» **Exercise**: When the line with "or_else-Finds r s ([]" appears below, start repeating lines exactly, and keep going through the line with "(o : Option Json)"; add nothing outside that span.

Stored data:
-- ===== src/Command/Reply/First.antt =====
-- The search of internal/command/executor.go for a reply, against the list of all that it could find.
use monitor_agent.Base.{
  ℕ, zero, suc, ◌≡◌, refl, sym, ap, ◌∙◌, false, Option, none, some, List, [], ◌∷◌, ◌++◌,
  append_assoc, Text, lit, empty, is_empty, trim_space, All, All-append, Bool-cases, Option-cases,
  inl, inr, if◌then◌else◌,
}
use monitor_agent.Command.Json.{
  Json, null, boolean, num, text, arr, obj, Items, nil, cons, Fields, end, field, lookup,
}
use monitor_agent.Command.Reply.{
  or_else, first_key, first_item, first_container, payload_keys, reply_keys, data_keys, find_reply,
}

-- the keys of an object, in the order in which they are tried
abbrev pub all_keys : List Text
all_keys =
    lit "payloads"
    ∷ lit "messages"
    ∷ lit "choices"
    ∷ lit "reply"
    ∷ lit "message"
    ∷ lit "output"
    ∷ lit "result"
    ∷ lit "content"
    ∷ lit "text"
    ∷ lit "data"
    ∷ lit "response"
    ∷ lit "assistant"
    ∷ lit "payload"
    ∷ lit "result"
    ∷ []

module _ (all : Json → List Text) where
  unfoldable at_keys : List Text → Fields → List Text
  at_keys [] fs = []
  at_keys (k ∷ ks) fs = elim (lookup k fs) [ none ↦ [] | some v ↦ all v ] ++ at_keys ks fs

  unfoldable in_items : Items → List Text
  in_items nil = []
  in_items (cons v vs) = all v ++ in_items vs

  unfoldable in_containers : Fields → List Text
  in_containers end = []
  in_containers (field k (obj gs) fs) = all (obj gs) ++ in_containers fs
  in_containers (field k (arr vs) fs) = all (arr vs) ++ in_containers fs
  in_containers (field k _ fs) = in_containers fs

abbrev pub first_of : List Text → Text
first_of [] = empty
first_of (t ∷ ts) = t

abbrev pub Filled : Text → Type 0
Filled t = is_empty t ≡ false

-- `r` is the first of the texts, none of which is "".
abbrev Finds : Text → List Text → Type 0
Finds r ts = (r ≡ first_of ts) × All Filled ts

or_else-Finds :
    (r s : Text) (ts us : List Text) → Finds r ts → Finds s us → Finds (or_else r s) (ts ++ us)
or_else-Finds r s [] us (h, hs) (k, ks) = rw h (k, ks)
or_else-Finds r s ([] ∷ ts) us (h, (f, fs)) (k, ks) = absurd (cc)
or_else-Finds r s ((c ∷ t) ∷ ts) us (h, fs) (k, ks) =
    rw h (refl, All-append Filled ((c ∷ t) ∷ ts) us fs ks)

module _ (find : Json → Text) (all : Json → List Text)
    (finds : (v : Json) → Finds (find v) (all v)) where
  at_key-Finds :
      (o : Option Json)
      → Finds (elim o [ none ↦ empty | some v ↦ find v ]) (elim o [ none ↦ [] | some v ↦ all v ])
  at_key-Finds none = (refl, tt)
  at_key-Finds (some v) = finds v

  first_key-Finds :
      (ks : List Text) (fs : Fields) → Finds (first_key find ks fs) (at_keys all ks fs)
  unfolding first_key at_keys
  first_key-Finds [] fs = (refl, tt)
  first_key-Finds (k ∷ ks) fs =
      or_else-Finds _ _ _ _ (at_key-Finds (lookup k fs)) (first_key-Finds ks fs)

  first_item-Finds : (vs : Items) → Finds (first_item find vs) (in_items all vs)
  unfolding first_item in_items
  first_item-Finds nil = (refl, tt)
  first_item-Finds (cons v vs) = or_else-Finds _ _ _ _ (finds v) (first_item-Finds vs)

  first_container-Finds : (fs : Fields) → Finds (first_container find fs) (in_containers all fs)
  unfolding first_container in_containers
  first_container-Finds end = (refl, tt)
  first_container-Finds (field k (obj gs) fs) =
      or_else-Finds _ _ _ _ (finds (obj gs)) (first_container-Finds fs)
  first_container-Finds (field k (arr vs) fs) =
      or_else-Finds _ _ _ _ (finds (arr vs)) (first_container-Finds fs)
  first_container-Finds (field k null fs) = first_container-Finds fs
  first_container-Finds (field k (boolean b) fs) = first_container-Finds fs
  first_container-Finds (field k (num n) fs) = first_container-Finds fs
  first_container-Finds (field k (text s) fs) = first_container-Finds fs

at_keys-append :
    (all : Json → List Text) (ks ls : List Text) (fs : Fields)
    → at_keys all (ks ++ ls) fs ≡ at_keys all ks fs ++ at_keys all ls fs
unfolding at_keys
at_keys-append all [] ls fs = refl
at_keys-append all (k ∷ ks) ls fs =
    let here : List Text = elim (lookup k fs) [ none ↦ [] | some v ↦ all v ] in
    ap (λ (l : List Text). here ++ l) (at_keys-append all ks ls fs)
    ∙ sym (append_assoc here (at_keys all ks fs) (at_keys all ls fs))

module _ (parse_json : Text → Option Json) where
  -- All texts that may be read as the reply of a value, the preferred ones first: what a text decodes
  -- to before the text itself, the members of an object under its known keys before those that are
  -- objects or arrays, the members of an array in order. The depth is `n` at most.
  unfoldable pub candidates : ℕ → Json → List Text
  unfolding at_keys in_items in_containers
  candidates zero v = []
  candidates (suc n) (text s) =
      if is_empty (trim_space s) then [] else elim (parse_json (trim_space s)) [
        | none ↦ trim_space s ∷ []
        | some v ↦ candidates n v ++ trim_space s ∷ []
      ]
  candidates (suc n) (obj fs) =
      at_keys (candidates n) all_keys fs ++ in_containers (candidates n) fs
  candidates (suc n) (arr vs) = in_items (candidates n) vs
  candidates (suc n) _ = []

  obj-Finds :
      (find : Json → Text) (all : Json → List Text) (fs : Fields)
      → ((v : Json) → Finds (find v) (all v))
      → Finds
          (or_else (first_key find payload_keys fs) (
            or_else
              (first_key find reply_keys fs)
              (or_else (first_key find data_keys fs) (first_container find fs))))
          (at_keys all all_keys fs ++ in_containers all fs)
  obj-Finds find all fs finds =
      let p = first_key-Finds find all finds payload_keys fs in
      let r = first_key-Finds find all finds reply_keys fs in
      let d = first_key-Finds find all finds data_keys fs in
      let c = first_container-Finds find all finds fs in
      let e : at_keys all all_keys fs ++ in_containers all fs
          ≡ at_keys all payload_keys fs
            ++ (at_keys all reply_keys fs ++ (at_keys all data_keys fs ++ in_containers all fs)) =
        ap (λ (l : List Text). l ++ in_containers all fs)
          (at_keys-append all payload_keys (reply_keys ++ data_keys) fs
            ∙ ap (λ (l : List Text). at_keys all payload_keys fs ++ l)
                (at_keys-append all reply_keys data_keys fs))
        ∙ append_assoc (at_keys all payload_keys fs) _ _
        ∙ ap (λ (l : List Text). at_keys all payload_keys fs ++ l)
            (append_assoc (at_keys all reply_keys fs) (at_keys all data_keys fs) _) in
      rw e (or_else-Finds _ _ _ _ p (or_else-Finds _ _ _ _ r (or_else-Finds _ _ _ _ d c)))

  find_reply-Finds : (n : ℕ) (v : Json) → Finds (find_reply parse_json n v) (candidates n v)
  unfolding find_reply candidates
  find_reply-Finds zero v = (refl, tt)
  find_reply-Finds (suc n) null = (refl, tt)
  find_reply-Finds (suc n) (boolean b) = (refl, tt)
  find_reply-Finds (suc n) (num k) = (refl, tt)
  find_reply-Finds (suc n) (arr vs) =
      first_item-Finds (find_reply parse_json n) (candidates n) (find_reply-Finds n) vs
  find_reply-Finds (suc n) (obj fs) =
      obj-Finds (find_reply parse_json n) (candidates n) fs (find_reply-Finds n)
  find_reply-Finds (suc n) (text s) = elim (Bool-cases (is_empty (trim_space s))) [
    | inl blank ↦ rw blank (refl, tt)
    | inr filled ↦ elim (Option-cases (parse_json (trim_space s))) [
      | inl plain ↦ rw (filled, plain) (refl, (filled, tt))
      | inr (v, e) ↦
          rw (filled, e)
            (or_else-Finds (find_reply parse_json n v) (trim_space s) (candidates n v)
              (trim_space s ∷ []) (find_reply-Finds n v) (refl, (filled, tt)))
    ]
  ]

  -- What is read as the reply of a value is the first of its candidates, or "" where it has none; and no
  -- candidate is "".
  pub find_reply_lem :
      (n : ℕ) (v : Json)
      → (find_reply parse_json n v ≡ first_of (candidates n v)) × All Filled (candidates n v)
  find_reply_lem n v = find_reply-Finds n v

» **Answer space**:
or_else-Finds r s ([] ∷ ts) us (h, (f, fs)) (k, ks) = absurd (cc)
or_else-Finds r s ((c ∷ t) ∷ ts) us (h, fs) (k, ks) =
    rw h (refl, All-append Filled ((c ∷ t) ∷ ts) us fs ks)

module _ (find : Json → Text) (all : Json → List Text)
    (finds : (v : Json) → Finds (find v) (all v)) where
  at_key-Finds :
      (o : Option Json)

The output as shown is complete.